So how could this play out with obesity?

There’s a lot of discrimination in healthcare settings, unfortunately! In this case, it often happens that a thin person goes in with a medical problem and gets treated for that, while a fat person can go in with the same medical problem and be told “you should try losing some weight”.

Top tip if this happens to you… Ask: “what would you advise/prescribe to a thin person with my same symptoms?”

Other things may be more systemic, for example:

When a thin person goes to get their blood pressure taken, and that goes smoothly, while a fat person goes to get their blood pressure taken, and there’s not a blood pressure cuff to fit them, is the problem the size of the person or the size of the cuff? It all depends on perspective, in a world built around thin people.

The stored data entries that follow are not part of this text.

-- ===== src/Gateway/Waiters/Tests.antt =====
-- Two users who wait for two jobs, and the theorems applied there.
use execution_provider.Prelude.{◌≡◌, refl, some, [], ◌∷◌, arith, nat_eq}
use execution_provider.Gateway.Waiters.{Waiters, JobCompletions, subscribe, notify, unsubscribe}
use execution_provider.Gateway.Waiters.Counts.{IsCounted, IsBounded, subscribe-IsCounted}
use execution_provider.Gateway.Waiters.Removal.{unsubscribe-IsCounted}

abbrev waiters : Waiters
waiters = record {
  by_job = (1, (10, 5) ∷ (11, 6) ∷ []) ∷ (2, (12, 5) ∷ []) ∷ [];
  by_user = (5, 2) ∷ (6, 1) ∷ [];
  total = 3;
}

abbrev completions : JobCompletions
completions = record { next_id = 13; waiters = waiters }

woken :
    notify 1 waiters
    ≡ some (record { by_job = (2, (12, 5) ∷ []) ∷ []; by_user = (5, 1) ∷ []; total = 1 })
unfolding notify
woken = refl

waiters-IsCounted : IsCounted waiters
waiters-IsCounted = record {
  jobs = (refl, (refl, tt));
  users = (refl, (refl, tt));
  by_user = λ user. ground arith;
  total = refl;
}

waiters-IsBounded : IsBounded waiters
waiters-IsBounded = record { few = omega arith; few_of_user = λ user. ground arith }

unsubscribe-IsCounted_example : (v : Waiters) × (unsubscribe 1 11 waiters ≡ some v) × IsCounted v
unsubscribe-IsCounted_example = unsubscribe-IsCounted 1 11 waiters waiters-IsCounted

subscribe-IsCounted_example :
    IsCounted (subscribe 6 2 completions).1.waiters
    × IsBounded (subscribe 6 2 completions).1.waiters
subscribe-IsCounted_example =
    subscribe-IsCounted 6 2 completions refl waiters-IsCounted waiters-IsBounded
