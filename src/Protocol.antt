-- ===== src/Protocol.antt =====
-- packages/process-execution-protocol: what the supervisor, the daemon and the gateway exchange.
pub mod Limits
pub mod Operations
pub mod Batch
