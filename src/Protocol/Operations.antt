-- ===== src/Protocol/Operations.antt =====
-- The operations of packages/process-execution-protocol/src/lib.rs with their parameters.
use execution_provider.Prelude.{ℕ, String, Bool, true, false, Option, none, some}
use execution_provider.Prelude.Dict.{Dict}
use execution_provider.Core.Errors.{Result, ok, err, invalid}
use execution_provider.Core.Files.{FilePrecondition, WriteFileMode}
use execution_provider.Core.Patch.{ApplyPatchRequest}
use execution_provider.Core.Types.{Command, ExecutionHandle, IoMode, ShellSnapshotRequest}

-- The mode on the wire, beside an optional precondition.
pub data WriteMode : Type 0 where
  conditional overwrite : WriteMode

pub record FilePathParams : Type 0 where
  pub cwd : Option String
  pub path : String

pub record ReadFileParams : Type 0 where
  pub cwd : Option String
  pub path : String
  pub max_bytes : Option ℕ

pub record WriteFileParams : Type 0 where
  pub mutation_id : String
  pub cwd : Option String
  pub path : String
  pub data_base64 : String
  pub create_parent_directories : Bool
  pub mode : WriteMode
  pub precondition : Option FilePrecondition

pub record RemoveFileParams : Type 0 where
  pub mutation_id : String
  pub cwd : Option String
  pub path : String
  pub precondition : FilePrecondition

pub record StartParams : Type 0 where
  pub start_id : String
  pub command : Command
  pub cwd : Option String
  pub env : Dict String String
  pub shell_snapshot : Option ShellSnapshotRequest
  pub io : IoMode
  pub wait_ms : ℕ
  pub max_output_bytes : Option ℕ
  pub labels : Dict String String

pub record RunParams : Type 0 where
  pub run_id : String
  pub command : Command
  pub cwd : Option String
  pub env : Dict String String
  pub shell_snapshot : Option ShellSnapshotRequest
  pub timeout_ms : Option ℕ
  pub max_output_bytes : Option ℕ
  pub labels : Dict String String

pub data WaitMode : Type 0 where
  activity finished_or_timeout : WaitMode

pub record ObserveParams : Type 0 where
  pub handle : ExecutionHandle
  pub after_cursor : Option String
  pub wait_ms : ℕ
  pub return_when : WaitMode
  pub max_output_bytes : Option ℕ

pub data StateFilter : Type 0 where
  active finished all : StateFilter

pub record ListParams : Type 0 where
  pub state : StateFilter
  pub labels : Dict String String
  pub limit : ℕ
  pub page_cursor : Option String

pub data Operation : Type 0 where
  info shutdown : Operation
  start : StartParams → Operation
  run : RunParams → Operation
  terminate_run : String → Option ℕ → Operation
  get_execution : ExecutionHandle → Operation
  observe : ObserveParams → Operation
  write_input : ExecutionHandle → String → String → Operation
  close_input : ExecutionHandle → Operation
  interrupt : ExecutionHandle → String → Operation
  terminate : ExecutionHandle → Option ℕ → Operation
  resize : ExecutionHandle → ℕ → ℕ → Operation
  list : ListParams → Operation
  get_file_metadata : FilePathParams → Operation
  read_file : ReadFileParams → Operation
  write_file : WriteFileParams → Operation
  remove_file : RemoveFileParams → Operation
  apply_patch : ApplyPatchRequest → Operation

-- `WriteFileParams::core_mode`, on the mode and the precondition.
unfoldable pub core_mode : WriteMode → Option FilePrecondition → Result WriteFileMode
core_mode WriteMode.conditional (some precondition) = ok (WriteFileMode.conditional precondition)
core_mode WriteMode.conditional none =
    err (invalid "conditional file write requires a precondition")
core_mode WriteMode.overwrite none = ok WriteFileMode.overwrite
core_mode WriteMode.overwrite (some precondition) =
    err (invalid "overwrite file write must not include a precondition")

abbrev pub is_shutdown : Operation → Bool
is_shutdown Operation.shutdown = true
is_shutdown _ = false

abbrev pub is_terminate_run : Operation → Bool
is_terminate_run (Operation.terminate_run run_id grace) = true
is_terminate_run _ = false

That’s a trivial-seeming example, but the same principle has far-reaching (and harmful) implications in healthcare in general, e.g:

  • Surgeons being untrained (and/or unwilling) to operate on fat people
  • Getting a one-size-fits-all dose that was calculated using average weight, and now doesn’t work
  • MRI machines are famously claustrophobia-inducing for thin people; now try not fitting in it in the first place

…and so forth. So oftentimes, obesity will be correlated with a poor healthcare outcome, where the problem is not actually the obesity itself, but rather the system having been set up with thin people in mind.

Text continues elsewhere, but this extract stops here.